In particular, Chéret, one of the most original artists of our time—Chéret, the great king of posters, the monarch of a fabulously charming world, in which everything gleams in blue and red and orange, cannot be passed over in a history of painting. The flowers which he carelessly strews on all sides with his spendthrift hand are not destined for preservation in an historical herbarium; his works are transient flashes of spirit, brilliantly shining, ephemera, but a bold and subtle Parisian art is concealed amid this improvisation. Settled for many years in London, Jules Chéret had there already drawn admirable placards, which are now much sought after by collectors.
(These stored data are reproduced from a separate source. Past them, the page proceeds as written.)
-- ===== src/Retry/Heap.antt =====
-- heap.Push and heap.Pop on a heap.
use mathlib.Core.Bool.{Bool-set}
use mathlib.Core.List.{not-mem-nil, forall_mem-cons}
use mathlib.Core.List.Perm
use sse_eventbus_go.Prelude.{
  ℕ, zero, suc, ◌+◌, ◌-◌, ◌<◌, ◌≡◌, ◌∙◌, false, List, [], ◌∷◌, ◌++◌, Perm, Mem, arith, length, take,
  length-take, length-append,
}
use sse_eventbus_go.Retry.{RetryEvent, before, parent, heap_push, heap_pop, pop_last}
use sse_eventbus_go.Retry.Array.{
  at, get_elem?-at, at-append, at-take, take-append-at, concat-perm, swapped, at-swapped,
  length-swapped, swapped-perm, swap-eq-swapped,
}
use sse_eventbus_go.Retry.Order.{
  Gives, gives, Gives-bind, Gives-map, AllBounded, before-rank, IsHeap, Sifted, swapped-AllBounded,
  root_least,
}
use sse_eventbus_go.Retry.Up.{UpInv, up_restores}
use sse_eventbus_go.Retry.Down.{DownInv, down_restores}

-- A heap whose orders are uint64 values.
pub record IsRetryHeap (h : List RetryEvent) : Type 0 where
  pub ordered : IsHeap h
  pub bounded : AllBounded h

pub record Pushed (x : RetryEvent) (h r : List RetryEvent) : Type 0 where
  pub heap : IsRetryHeap r
  pub same : Perm r (x ∷ h)
  pub size : length r ≡ length h + 1

append-AllBounded :
    (h : List RetryEvent) (x : RetryEvent)
    → AllBounded h
    → x.retry_order < 18446744073709551616
    → AllBounded (h ++ x ∷ [])
append-AllBounded [] x b p zero = p
append-AllBounded [] x b p (suc i) = omega arith
append-AllBounded (y ∷ h) x b p zero = b 0
append-AllBounded (y ∷ h) x b p (suc i) = append-AllBounded h x (λ j. b (suc j)) p i

pub heap_push-Pushed :
    (x : RetryEvent) (h : List RetryEvent)
    → IsRetryHeap h
    → x.retry_order < 18446744073709551616
    → Gives (Pushed x h) (heap_push x h)
unfolding heap_push
heap_push-Pushed x h v p = Gives-map (up_restores (h ++ x ∷ []) _ start) λ r s. record {
  heap = record { ordered = rw (s.size) (s.ordered); bounded = s.bounded };
  same = Perm.trans s.same (concat-perm h x);
  size = s.size ∙ grown;
}
  where
    grown : length (h ++ x ∷ []) ≡ length h + 1
    grown = length-append h (x ∷ [])

    start : UpInv (h ++ x ∷ []) (length (h ++ x ∷ []) - 1)
    start = record {
      inside = omega (arith, grown);
      edges = λ c q r s.
          ground
            (arith, grown, v.ordered c, at-append h (x ∷ []) c, at-append h (x ∷ []) (parent c));
      bridged = λ c q r s t u. absurd (omega (arith, grown));
      bounded = append-AllBounded h x v.bounded p;
    }

-- No event of the list comes before `x`.
abbrev pub IsEarliest : RetryEvent → List RetryEvent → Type 0
IsEarliest x h = (y : RetryEvent) → Mem y h → before y x ≡ false

all_of_at :
    (h : List RetryEvent) (x : RetryEvent)
    → ((i : ℕ) → i < length h → before (at h i) x ≡ false)
    → IsEarliest x h
all_of_at [] x f = λ y m. absurd (not-mem-nil m)
all_of_at (z ∷ h) x f =
    (forall_mem-cons λ y. Bool-set _ _).1
      (f 0 (omega arith), all_of_at h x λ i p. f (suc i) (omega arith))

pub root-IsEarliest : (h : List RetryEvent) → IsRetryHeap h → IsEarliest (at h 0) h
root-IsEarliest h v = all_of_at h (at h 0) λ i p.
    before-rank (at h i) (at h 0) (v.bounded i) (v.bounded 0)
    ∙ ground (arith, root_least (length h) h i v.ordered)

-- heap.Pop gives the first event in order, and a heap of the others.
pub record Popped (h : List RetryEvent) (r : RetryEvent × List RetryEvent) : Type 0 where
  pub root : r.0 ≡ at h 0
  pub heap : IsRetryHeap r.1
  pub same : Perm (r.0 ∷ r.1) h
  pub size : length r.1 + 1 ≡ length h

take-AllBounded : (n : ℕ) (h : List RetryEvent) → AllBounded h → AllBounded (take n h)
take-AllBounded zero h b i = omega arith
take-AllBounded (suc n) [] b i = omega arith
take-AllBounded (suc n) (x ∷ h) b zero = b 0
take-AllBounded (suc n) (x ∷ h) b (suc i) = take-AllBounded n h (λ j. b (suc j)) i

module _ (h : List RetryEvent) (n : ℕ) (size : length h ≡ suc n) (v : IsRetryHeap h) where
  swapped-DownInv : DownInv 0 n (swapped h 0 n) 0
  swapped-DownInv =
      let moved = at-swapped h 0 n (omega arith) (omega arith) in
      record {
        fits = omega (arith, length-swapped h 0 n);
        edges = λ c p q r t. ground (arith, v.ordered c, moved c, moved (parent c));
        bridged = omega arith;
        bounded = swapped-AllBounded h 0 n (omega arith) (omega arith) v.bounded;
      }

  pop_last-Popped :
      (s : List RetryEvent) → Sifted 0 n (swapped h 0 n) s → Gives (Popped h) (pop_last s)
  unfolding pop_last
  pop_last-Popped s t =
      rw (last, get_elem?-at s n (omega (arith, long)))
        (gives (record {
          root =
              t.others n (omega arith)
              ∙ ground (arith, at-swapped h 0 n (omega arith) (omega arith) n);
          heap = record {
            ordered = λ c p q r.
                ground (arith, short, t.ordered c, at-take n s c, at-take n s (parent c));
            bounded = take-AllBounded n s t.bounded;
          };
          same = Perm.trans (Perm.symm (concat-perm (take n s) (at s n))) (
              rw (take-append-at n s long)
                (Perm.trans t.same (swapped-perm h 0 n (omega arith) (omega arith))));
          size = omega (arith, short);
        }))
    where
      last : length s - 1 ≡ n
      last = omega (arith, t.size, length-swapped h 0 n)

      long : length s ≡ suc n
      long = t.size ∙ length-swapped h 0 n ∙ size

      short : length (take n s) ≡ n
      short = omega (arith, length-take n s, long)

pub heap_pop-Popped :
    (h : List RetryEvent) → IsRetryHeap h → 0 < length h → Gives (Popped h) (heap_pop h)
unfolding heap_pop
heap_pop-Popped h v p =
    let n = length h - 1 in
    let size : length h ≡ suc n = omega arith in
    rw (swap-eq-swapped h 0 n p (omega arith)) (
      Gives-bind (down_restores 0 n (swapped h 0 n) 0 (swapped-DownInv h n size v))
        λ s t. pop_last-Popped h n size v s t)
In 1866 he introduced this novel branch of industry into France, and gave it—thanks to the invention of machines which admit of the employment of the largest lithographic stones—an artistic development which could not have been anticipated. He has created many thousands of posters. The book-trade, the great shops, and almost all branches of industry owe their success to him. His theatrical posters alone are amongst the most graceful products of modern art: La Fête des Mitrons, La Salle de Frascati, Les Mongolis, Le Chat Botté, L’Athénée Comique, Fantaisies Music-Hall, La Fée Cocotte, Les Tsiganes, Les Folies-Bergères en Voyage, Spectacle Concert de l’Horloge, Skating Rink, Les Pillules du Diable, La Chatte Blanche, Le Petit Faust, La Vie Parisienne, Le Droit du Seigneur, Cendrillon, Orphée aux Enfers, Éden Théâtre, etc. These are mere posters, destined to hang for a few days at the street corners, and yet in graceful ease, sparkling life, and coquettish bloom of colour they surpass many oil paintings which flaunt upon the walls of the Musée Luxembourg.

Baschet.
CAZIN.JUDITH.
Baschet.
CAZIN.   HAGAR AND ISHMAEL.

Amongst the illustrators Willette is perhaps the most charming, the most brilliant in grace, fancy, and spirit. A drawing by him is something living, light, and fresh. Only amongst the Japanese, or the great draughtsmen of the rococo period, does one find plates of a charm similar to Willette’s tender poems of the “Chevalier Printemps” or the “Baiser de la Rose.” At the same time there is something curiously innocent, something primitive, naïve, something like the song of a bird, in his charming art. No one can laugh with such youthful freshness. No one has such a childlike fancy. Willette possesses the curious gift of looking at the world like a boy of sixteen with eyes that are not jaded for all the beauty of things, with the eyes of a schoolboy in love for the first time. He has drawn angels for Gothic windows, battles, and everything imaginable; nevertheless, woman is supreme over his whole work, ruined and pure as an angel, cursed and adored, and yet always enchanting. She is Manon Lescaut, with her soft eyes and angelically pure sins. She has something of the lovely piquancy of the woman of Brantôme, when she disdainfully laughs out of countenance poor Pierrot, who sings his serenades to her plaintively in the moonlight. One might say that Willette is himself his Pierrot, dazzled with the young bosoms and rosy lips: at one time graceful and laughing, wild as a young fellow who has just escaped from school; at another earnest and angry, like an archangel driving away the sinful; to-day fiery, and to-morrow melancholy; now in love, teasing, blithe, and tender, now gloomy and in mortal trouble. He laughs amid tears and weeps amid laughter, singing the Dies Iræ after a couplet of Offenbach; himself wears a black-and-white garment, and is, at the same time, mystic and sensuous. His plates are as exhilarating as sparkling champagne, and breathe the soft, plaintive spirit of old ballads.